# Man Vs Food



## strange_days (Aug 6, 2009)

Anyone been watching this ? This guy makes Weeman's cheat days look like a schoolgirl's packed lunch. Adam Richman travels accross the US (where else) taking in the food culture and taking on food challenges

Some tasty enticers





































It's really funny, if you haven't seen it look out for it at 9pm weeknights on Good Food channel. The guy is funny as hell, and some of the places he visits and the food they make is just out of this world.

James


----------



## Guest (Aug 6, 2010)

i want a pizza now


----------



## vitty (Jan 28, 2008)

really makes me wanna get a burger right now!


----------



## Geo (Apr 3, 2007)

the one with the Hot chilli was brilliant, he was sweating buckets as if he had been using DNP, on the 1st spoonfull.  good program.


----------



## strange_days (Aug 6, 2009)

Yes mate some of the heat challenges he takes on are unreal, the hot chicken wings one I loved, and not allowed to drink or wipe your mouth for 5 minutes afterwards, brilliant.


----------



## McBain (Jun 11, 2009)

Yeah I watched this too.
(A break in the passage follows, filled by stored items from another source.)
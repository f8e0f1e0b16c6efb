-- ===== src/Spool/File/Acknowledging.antt =====
-- `consume_through` of `FileSpool` (logjetd/src/spool.rs) where no call fails and every record is on
-- disk: no record newer than the acknowledged number goes.
use logjet.Base.{
  ℕ, ◌+◌, ◌≤◌, ◌<◌, ◌^◌, ◌≡◌, refl, sym, ap, ◌∙◌, subst, List, [], ◌∷◌, ◌++◌, append-nil, Option,
  none, some, ok, arith, ltb, leb, ◌==◌, true, max, Bool-cases, inl, inr,
}
use logjet.Record.{OwnedRecord}
use logjet.Codec.{Codec, Libraries, LibraryLaws}
use logjet.Reader.State.{default_config}
use logjet.Log.Flushing.{IsFitting}
use logjet.Replay.State.{to_string}
use logjet.Spool.File.Buffered.{tick, call}
use logjet.Spool.File.State.{SegmentFile, FileSpool, set_inner, on_file, write_state}
use logjet.Spool.File.Operations.{
  cleanup, drop_consumed, cleanup_consumed_segments, write_consumed_state, consume_newer,
  consume_through,
}
use logjet.Spool.File.Sink.{quiet}
use logjet.Spool.File.Holds.{last_seq, joined, config_of, IsReadable, IsOnDisk}
use logjet.Spool.File.Flushing.{segments_of-current, IsOnDisk-Takes, IsOnDisk-tick}
use logjet.Spool.File.Appending.{Held, All-below}
use logjet.Spool.File.Newer.{
  newer, newer-append, newer-below, IsReadable-parts, IsReadable-each, segment_max_seq-last, IsPart,
  IsPart-same, IsPart-front, IsPart-trans, IsPart-append,
}
use logjet.Spool.File.Cleaning.{InCleaning, cleanup-older}
use logjet.Spool.File.Advancing.{advanced-Holds}

module _ (lib : Libraries) (laws : LibraryLaws lib) (codec : Codec) (alignment capacity rounds : ℕ)
    (fitting : IsFitting lib (config_of codec alignment) default_config) (seq ts : ℕ) where
  -- Of the records that the spool holds, all on disk, those newer than `n` are these records' newer
  -- ones, and `n` has been consumed.
  pub record HoldsNewer (n : ℕ) (records : List OwnedRecord) (s : FileSpool) : Type 0 where
    pub left : List OwnedRecord
    pub held : Held lib codec alignment capacity rounds fitting seq ts left s
    pub on_disk : IsOnDisk lib codec alignment capacity fitting held.now s.active_writer
    pub same : newer n left ≡ newer n records
    pub part : IsPart alignment left records
    pub consumed : s.consumed_through_seq ≡ n

  all_stay :
      (n : ℕ) (ks : List SegmentFile) (kss : List (List OwnedRecord)) (now : List OwnedRecord)
      (s : FileSpool)
      → InCleaning lib laws codec alignment capacity rounds fitting seq ts now n ks [] kss [] s
      → HoldsNewer n (joined kss ++ now) s
  all_stay n ks kss now s c = record {
    left = joined kss ++ now;
    held = record {
      olds = kss ++ [];
      now = now;
      holds = c.holds;
      records_are = ap (λ l. joined l ++ now) (append-nil kss);
    };
    on_disk = c.on_disk;
    same = refl;
    part = IsPart-same alignment _ _ refl;
    consumed = c.consumed;
  }

  -- The active segment's turn, the last.
  last_turn :
      (n : ℕ) (ks : List SegmentFile) (kss : List (List OwnedRecord)) (now : List OwnedRecord)
      (s : FileSpool) (id : ℕ) (max_seq : Option ℕ)
      → id ≡ s.active_segment_id
      → InCleaning lib laws codec alignment capacity rounds fitting seq ts now n ks [] kss [] s
      → last_seq none now ≡ max_seq
      → s.active_segment_id + 1 < 2 ^ 64
      → (s' : FileSpool) × (drop_consumed lib capacity quiet rounds id max_seq s ≡ (ok tt, s'))
        × HoldsNewer n (joined kss ++ now) s'
        × (s'.active_segment_id ≤ s.active_segment_id + 1)
  unfolding drop_consumed
  last_turn n ks kss now s active_id none is_active c e fits =
      (s, refl, all_stay n ks kss now s c, omega arith)
  last_turn n ks kss now s active_id (some m) is_active c e fits =
      elim (Bool-cases (ltb s.consumed_through_seq m)) [
        | inl new ↦ (s, rw new refl, all_stay n ks kss now s c, omega arith)
        | inr old ↦
            let (s', advanced, holds, d, consumed, id) =
              advanced-Holds lib laws codec alignment capacity rounds fitting seq ts n ks kss now s
                c fits in
            let gone : newer n now ≡ [] =
              newer-below n now
                (All-below m n now (ground (arith, c.consumed)) (c.holds.topped.below m e)) in
            (
              s',
              rw (old, let same : (active_id == s.active_segment_id) ≡ true = ground arith in same)
                  advanced,
              record {
                left = joined kss ++ [];
                held = record { olds = kss; now = []; holds = holds; records_are = refl };
                on_disk = d;
                same =
                    newer-append n (joined kss) []
                    ∙ ap (λ l. newer n (joined kss) ++ l)
                        (let nothing : newer n [] ≡ [] = unfold newer in refl in nothing ∙ sym gone)
                    ∙ sym (newer-append n (joined kss) now);
                part =
                    IsPart-trans alignment _ _ _
                      (IsPart-same alignment _ _ (append-nil (joined kss)))
                      (IsPart-front alignment (joined kss) now);
                consumed = consumed ∙ c.consumed;
              },
              omega (arith, id),
            )
      ]

  -- The cleaning of all segments.
  pub cleanup-HoldsNewer :
      (n : ℕ) (olds : List (List OwnedRecord)) (now : List OwnedRecord) (s : FileSpool)
      → InCleaning lib laws codec alignment capacity rounds fitting seq ts now n [] s.older [] olds
          s
      → IsReadable lib codec alignment rounds (joined olds ++ now)
      → s.active_segment_id + 1 < 2 ^ 64
      → (s' : FileSpool) × (cleanup_consumed_segments lib capacity quiet rounds s ≡ (ok tt, s'))
        × HoldsNewer n (joined olds ++ now) s'
        × (s'.active_segment_id ≤ s.active_segment_id + 1)
  unfolding cleanup_consumed_segments cleanup
  cleanup-HoldsNewer n olds now s c readable fits =
      let (r_olds, r_now) =
        IsReadable-parts lib laws codec alignment rounds (joined olds) now readable in
      let active : SegmentFile = record {
        id = s.active_segment_id;
        bytes = s.active_writer.inner.bytes;
      } in
      let (s₁, turned, c₁) =
        cleanup-older lib laws codec alignment capacity rounds fitting seq ts now n [] s.older []
          olds s (active ∷ []) c (IsReadable-each lib laws codec alignment rounds olds r_olds) in
      let (s', dropped, newer_held, id) =
        last_turn n c₁.ks c₁.kss now s₁ s.active_segment_id (last_seq none now) (sym c₁.id)
          c₁.cleaning refl (omega (arith, c₁.id, fits)) in
      (
        s',
        rw (segments_of-current s c.holds.current, turned)
            (rw
              (segment_max_seq-last lib laws codec alignment rounds capacity
                s.active_writer.inner.bytes now c.on_disk.file r_now)
              (rw dropped refl)),
        record {
          left = newer_held.left;
          held = newer_held.held;
          on_disk = newer_held.on_disk;
          same =
              newer_held.same
              ∙ newer-append n (joined c₁.kss) now
              ∙ ap (λ l. l ++ newer n now) c₁.same
              ∙ sym (newer-append n (joined olds) now);
          part =
              IsPart-trans alignment _ _ _ newer_held.part
                (IsPart-append alignment (joined c₁.kss) (joined olds) now c₁.part);
          consumed = newer_held.consumed;
        },
        omega (arith, id, c₁.id),
      )

  -- The spool that has noted the number, before the cleaning.
  noted : ℕ → FileSpool → FileSpool
  noted n s =
      let f = tick quiet (tick quiet s.active_writer.inner) in
      record (set_inner s f) { consumed_through_seq = n; state_text = some (to_string n) }

  noted-InCleaning :
      (n : ℕ) (records : List OwnedRecord) (s : FileSpool)
      → (h : Held lib codec alignment capacity rounds fitting seq ts records s)
      → IsOnDisk lib codec alignment capacity fitting h.now s.active_writer
      → InCleaning lib laws codec alignment capacity rounds fitting seq ts h.now n [] s.older []
          h.olds
          (noted n s)
  unfolding noted
  noted-InCleaning n records s h d =
      let w = s.active_writer in
      let d₁ = IsOnDisk-tick lib codec alignment capacity rounds fitting h.now w d in
      let d₂ =
        IsOnDisk-tick lib codec alignment capacity rounds fitting h.now
          (record w { inner = tick quiet w.inner }) d₁ in
      record {
        consumed = refl;
        files = refl;
        holds = record {
          codec_is = h.holds.codec_is;
          alignment_is = h.holds.alignment_is;
          unlimited = h.holds.unlimited;
          current = h.holds.current;
          older = h.holds.older;
          numbered = h.holds.numbered;
          taken =
              IsOnDisk-Takes lib codec alignment capacity rounds fitting seq ts h.now
                (noted n s).active_writer d₂;
          below = h.holds.below;
          topped = h.holds.topped;
        };
        on_disk = d₂;
        kept = tt;
        later = h.holds.older;
      }

  consume_newer-noted :
      (n : ℕ) (s : FileSpool)
      → consume_newer lib capacity quiet rounds n s
        ≡ cleanup_consumed_segments lib capacity quiet rounds (noted n s)
  unfolding consume_newer write_consumed_state write_state on_file call noted
  consume_newer-noted n s = refl

  -- `consume_through` succeeds, loses no record newer than what has been consumed then, and notes it.
  pub consume_through-HoldsNewer :
      (n : ℕ) (records : List OwnedRecord) (s : FileSpool)
      → (h : Held lib codec alignment capacity rounds fitting seq ts records s)
      → IsOnDisk lib codec alignment capacity fitting h.now s.active_writer
      → IsReadable lib codec alignment rounds records
      → s.active_segment_id + 1 < 2 ^ 64
      → (s' : FileSpool) × (consume_through lib capacity quiet rounds n s ≡ (ok tt, s'))
        × HoldsNewer (max n s.consumed_through_seq) records s'
        × (s'.active_segment_id ≤ s.active_segment_id + 1)
  unfolding consume_through noted
  consume_through-HoldsNewer n records s h d readable fits =
      elim (Bool-cases (leb n s.consumed_through_seq)) [
        | inl old ↦ (
          s,
          rw old refl,
          record {
            left = records;
            held = h;
            on_disk = d;
            same = refl;
            part = IsPart-same alignment _ _ refl;
            consumed = ground arith;
          },
          omega arith,
        )
        | inr new ↦
            let (s', cleaned, kept, id) =
              cleanup-HoldsNewer n h.olds h.now (noted n s) (noted-InCleaning n records s h d)
                (subst (IsReadable lib codec alignment rounds) (sym h.records_are) readable) fits in
            let is_n : n ≡ max n s.consumed_through_seq = ground arith in
            (
              s',
              rw (new, consume_newer-noted n s) cleaned,
              subst (λ m. HoldsNewer m records s') is_n
                  (subst (λ l. HoldsNewer n l s') h.records_are kept),
              id,
            )
      ]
I forgot how good the food in America is and how rubbish it is in the UK. I need a philli cheese steak bad.


----------



## strange_days (Aug 6, 2009)

McBain said:


> Yeah I watched this too. I forgot how good the food in America is and how rubbish it is in the UK. I need a philli cheese steak bad.


Where are all those negs from bud ? Did you start a thread about nap50's or something ?


----------